Winter sowing is big for some people, but I haven't tried it and don't know if I will.

Right now the big push is to get some Christmas baking done, and get the house in order. I remember reading somewhere a Chinese prediction that the way you spend the New Year's day is how the rest of your year will go. Last year I screwed that up royally, with the messiest house imagineable! And it turned out true!

Sunday, November 16, 2008

Frosty is ready...

What? Thinking Frosty the snowman and Santa already? Snow will do that to you.

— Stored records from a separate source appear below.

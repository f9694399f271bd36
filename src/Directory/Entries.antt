-- ===== src/Directory/Entries.antt =====
-- put_directory_file_entry, and the look-up of the name that it enters.
use uwufs.Base.{
  ℕ, zero, suc, ◌+◌, ◌*◌, ◌^◌, ◌≤◌, ◌<◌, ◌≡◌, ◌≢◌, refl, sym, ap, subst, ◌∙◌, ◌⊎◌, inl, inr, Bool,
  Option, none, some, ◌==◌, arith, Bool-cases,
}
use uwufs.Bytes.{Bytes, poke, blit}
use uwufs.Machine.{Res, ok, fail, crash, enospc}
use uwufs.Bytes.Fields.{get-cong, put-outside, poke-outside}
use uwufs.Bytes.Blit.{blit-inside, blit-outside, get-blit_outside}
use uwufs.Layout.Laws.{word-put_self}
use uwufs.Itable.Search.{IsFirst, IsFirst-append, NoneIn-one}
use uwufs.Layout.{entry_inode_num, set_entry_inode_num}
use uwufs.Directory.{free_entry_from, fill_entry, put_in, put_directory_file_entry}

abbrev pub is_free : Bytes → ℕ → Bool
is_free blk i = entry_inode_num blk i == 0

free_entry_from-IsFirst :
    (left i : ℕ) (blk : Bytes) → IsFirst (is_free blk) i (i + left) (free_entry_from left i blk)
unfolding free_entry_from
free_entry_from-IsFirst zero i blk = λ j ge lt. absurd (omega arith)
free_entry_from-IsFirst (suc left) i blk = elim (Bool-cases (is_free blk i)) [
  | inl free ↦ rw free (omega arith, omega arith, free, λ j ge lt. absurd (omega arith))
  | inr used ↦ rw used (
      IsFirst-append (is_free blk) i (i + 1) (i + suc left) _ (omega arith)
        (NoneIn-one (is_free blk) i used)
        (subst (λ hi. IsFirst (is_free blk) (i + 1) hi (free_entry_from left (i + 1) blk))
          (omega arith) (free_entry_from-IsFirst left (i + 1) blk)))
]

module _ (blk name : Bytes) (i num : ℕ) where
  abbrev numbered : Bytes
  numbered = set_entry_inode_num blk i num

  abbrev named : Bytes
  named = blit numbered (256 * i) name 0 248

  abbrev filled : Bytes
  filled = fill_entry blk i name num

  -- The NUL at the end of the name is the last byte that is written.
  filled-named : (p : ℕ) → p ≢ 256 * i + 247 → filled p ≡ named p
  unfolding fill_entry
  filled-named p h = poke-outside named (256 * i + 247) 0 p (λ e. h (sym e))

  num-filled : num < 2 ^ 64 → entry_inode_num filled i ≡ num
  num-filled h =
      get-cong 8 filled named (256 * i + 248) (λ p ge lt. filled-named p (omega arith))
      ∙ get-blit_outside 8 numbered name (256 * i) 0 248 (256 * i + 248) (omega arith)
      ∙ word-put_self blk (256 * i + 248) num h

  name-filled : (k : ℕ) → k < 247 → filled (256 * i + k) ≡ name k
  name-filled k h =
      filled-named (256 * i + k) (omega arith)
      ∙ blit-inside numbered name (256 * i) 0 248 k (omega arith)
      ∙ ap name (omega arith)

  end-filled : filled (256 * i + 247) ≡ 0
  unfolding fill_entry poke
  end-filled = ground arith

  other-filled : (p : ℕ) → (p < 256 * i) ⊎ (256 * i + 256 ≤ p) → filled p ≡ blk p
  other-filled p h =
      filled-named p (omega arith)
      ∙ blit-outside numbered name (256 * i) 0 248 p (omega arith)
      ∙ put-outside 8 blk (256 * i + 248) num p (omega arith)

-- `blk'` is `blk` with the entry `i` filled: its number, the first 247 bytes of its name and the NUL
-- behind them. All other entries have the same bytes.
pub record IsFilled (blk name : Bytes) (num i : ℕ) (blk' : Bytes) : Type 0 where
  pub number : entry_inode_num blk' i ≡ num
  pub text : (k : ℕ) → k < 247 → blk' (256 * i + k) ≡ name k
  pub nul : blk' (256 * i + 247) ≡ 0
  pub others : (p : ℕ) → (p < 256 * i) ⊎ (256 * i + 256 ≤ p) → blk' p ≡ blk p

-- What put_directory_file_entry returns for a block.
abbrev pub IsPut : (blk name : Bytes) → (num : ℕ) → Res Bytes → Type 0
IsPut blk name num (ok blk') =
    (i : ℕ) × IsFirst (is_free blk) 0 16 (some i) × IsFilled blk name num i blk'
IsPut blk name num (fail e) = (e ≡ enospc) × IsFirst (is_free blk) 0 16 none
IsPut blk name num crash = ⊥

put_in-IsPut :
    (blk name : Bytes) (num : ℕ) (o : Option ℕ)
    → num < 2 ^ 64
    → IsFirst (is_free blk) 0 16 o
    → IsPut blk name num (put_in o blk name num)
unfolding put_in
put_in-IsPut blk name num none small first = (refl, first)
put_in-IsPut blk name num (some i) small first = (
  i,
  first,
  record {
    number = num-filled blk name i num small;
    text = name-filled blk name i num;
    nul = end-filled blk name i num;
    others = other-filled blk name i num;
  },
)

-- put_directory_file_entry fills the first free entry of the block and leaves all others alone. It
-- fails with ENOSPC exactly if none of the 16 entries is free.
pub put_directory_file_entry-IsPut :
    (blk name : Bytes) (num : ℕ)
    → num < 2 ^ 64
    → IsPut blk name num (put_directory_file_entry blk name num)
unfolding put_directory_file_entry
put_directory_file_entry-IsPut blk name num small =
    put_in-IsPut blk name num (free_entry_from 16 0 blk) small (free_entry_from-IsFirst 16 0 blk)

But I'm talking about Frosty Pink, one of my brugs. Her seed pods are finally ready, and I've harvested at least 50 nice fresh seeds. I've promised some seeds to friends. This year, I also have a noid white with a huge seed pod, and another noid pink with a pod as well. So if anyone is looking to experiment a bit, I am offering for free, packets of 5 brug seeds. The only thing I ask in return, is that you keep me updated on the babies' progress if possible. These are a labour of love, and a love of experimenting. There is absolutely no guarantee on the color these babies will turn out to be, and most likely they will not flower until the third year, which makes them a long term commitment. The noid white babies will probably be white. Frosty Pink is a roll of the dice. I didn't pollinate these myself, so I don't know who is the other parent. Frosty was in the brug bed (how appropriate!) when she got knocked up, so it could be the Candida, the other pink, or even self-pollination (I won't go there!) I'm not sure if Frosty is self pollinating, I'd have to look that up.

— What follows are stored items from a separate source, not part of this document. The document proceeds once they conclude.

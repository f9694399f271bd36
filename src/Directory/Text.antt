-- ===== src/Directory/Text.antt =====
-- Texts in buffers.
use uwufs.Base.{
  ℕ, zero, suc, ◌+◌, ◌%◌, ◌≤◌, ◌<◌, ◌≡◌, refl, ap, ◌∙◌, inl, inr, true, ◌==◌, ==→eq, Bool-cases,
  List, [], ◌∷◌, length, arith, ne→not_==, subst,
}
use uwufs.Bytes.{Bytes, poke}
use uwufs.Directory.{c_str, c_bytes, same_text}

-- The characters of a text: bytes other than NUL.
abbrev pub IsText : List ℕ → Type 0
IsText [] = Unit
IsText (c ∷ cs) = (0 < c) × (c < 256) × IsText cs

-- The text, and a NUL behind it, lie at the offset.
abbrev pub Holds : Bytes → ℕ → List ℕ → Type 0
Holds b i [] = b i ≡ 0
Holds b i (c ∷ cs) = (b i ≡ c) × Holds b (i + 1) cs

-- What a buffer holds is read, if it leaves room for the NUL.
pub c_str-Holds :
    (n : ℕ) (b : Bytes) (i : ℕ) (s : List ℕ)
    → IsText s
    → length s < n
    → Holds b i s
    → c_str n b i ≡ s
unfolding c_str
c_str-Holds zero b i s t h holds = absurd (omega arith)
c_str-Holds (suc n) b i [] t h holds = rw holds
c_str-Holds (suc n) b i (c ∷ cs) t h holds =
    let char : c % 256 ≡ c = omega (arith, t.0, t.1) in
    rw (
      holds.0,
      char,
      ne→not_== c 0 (omega (arith, t.0)),
      c_str-Holds n b (i + 1) cs t.2 (omega arith) holds.1,
    )

-- A place that has the same bytes up to `m`, and a NUL there, holds the same text.
pub Holds-shift :
    (m : ℕ) (b c : Bytes) (i j : ℕ) (s : List ℕ)
    → ((k : ℕ) → k < m → b (i + k) ≡ c (j + k))
    → b (i + m) ≡ 0
    → length s ≤ m
    → Holds c j s
    → Holds b i s
Holds-shift zero b c i j [] same nul h holds = ap b (omega arith) ∙ nul
Holds-shift zero b c i j (x ∷ xs) same nul h holds = absurd (omega arith)
Holds-shift (suc m) b c i j [] same nul h holds =
    ap b (omega arith) ∙ same 0 (omega arith) ∙ ap c (omega arith) ∙ holds
Holds-shift (suc m) b c i j (x ∷ xs) same nul h holds = (
  ap b (omega arith) ∙ same 0 (omega arith) ∙ ap c (omega arith) ∙ holds.0,
  Holds-shift m b c (i + 1) (j + 1) xs
      (λ k lt. ap b (omega arith) ∙ same (1 + k) (omega arith) ∙ ap c (omega arith))
      (ap b (omega arith) ∙ nul) (omega arith) holds.1,
)

c_bytes-suc :
    (buf : Bytes) (c : ℕ) (cs : List ℕ) (k : ℕ)
    → c_bytes buf (c ∷ cs) (1 + k) ≡ c_bytes (λ i. buf (i + 1)) cs k
unfolding c_bytes
c_bytes-suc buf c cs k =
    rw (ne→not_== (1 + k) 0 (omega arith)) (ap (c_bytes (λ i. buf (i + 1)) cs) (omega arith))

Holds-suc :
    (b c : Bytes) (i : ℕ) (s : List ℕ)
    → ((k : ℕ) → b (1 + k) ≡ c k)
    → Holds c i s
    → Holds b (1 + i) s
Holds-suc b c i [] same holds = same i ∙ holds
Holds-suc b c i (x ∷ xs) same holds = (
  same i ∙ holds.0,
  subst (λ k. Holds b k xs) (omega arith) (Holds-suc b c (i + 1) xs same holds.1),
)

pub Holds-c_bytes : (buf : Bytes) (s : List ℕ) → Holds (c_bytes buf s) 0 s
unfolding c_bytes poke
Holds-c_bytes buf [] = refl
Holds-c_bytes buf (c ∷ cs) = (
  refl,
  Holds-suc (c_bytes buf (c ∷ cs)) (c_bytes (λ i. buf (i + 1)) cs) 0 cs (c_bytes-suc buf c cs)
      (Holds-c_bytes (λ i. buf (i + 1)) cs),
)

-- A text is the same as itself.
pub same_text_self : (s : List ℕ) → same_text s s ≡ true
unfolding same_text
same_text_self [] = refl
same_text_self (c ∷ cs) = ground (arith, same_text_self cs)

-- Two places with the same bytes hold the same text.
pub c_str-cong :
    (n : ℕ) (b c : Bytes) (i : ℕ)
    → ((j : ℕ) → i ≤ j → j < i + n → b j ≡ c j)
    → c_str n b i ≡ c_str n c i
unfolding c_str
c_str-cong zero b c i h = refl
c_str-cong (suc n) b c i h = rw (
  h i (omega arith) (omega arith),
  c_str-cong n b c (i + 1) (λ j ge lt. h j (omega arith) (omega arith)),
)

-- And only texts that are the same are.
pub same_text-eq : (a b : List ℕ) → same_text a b ≡ true → a ≡ b
unfolding same_text
same_text-eq [] [] h = refl
same_text-eq [] (b ∷ ys) h = absurd (ground arith)
same_text-eq (a ∷ xs) [] h = absurd (ground arith)
same_text-eq (a ∷ xs) (b ∷ ys) h = elim (Bool-cases (a == b)) [
  | inl e ↦ rw (==→eq a b e, same_text-eq xs ys (ground arith)) refl
  | inr e ↦ absurd (ground arith)
]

So if anyone would like some seeds, either from Frosty or the others, or a mix, they are yours for the asking. I also have cuttings, but would rather not mail them out unless you ask really really nice and pay the postage. Seeds are just so much easier, and I don't mind covering the postage for them. Anyone in Aylmer/Ottawa area is more than welcome to come and pick up a few cuttings.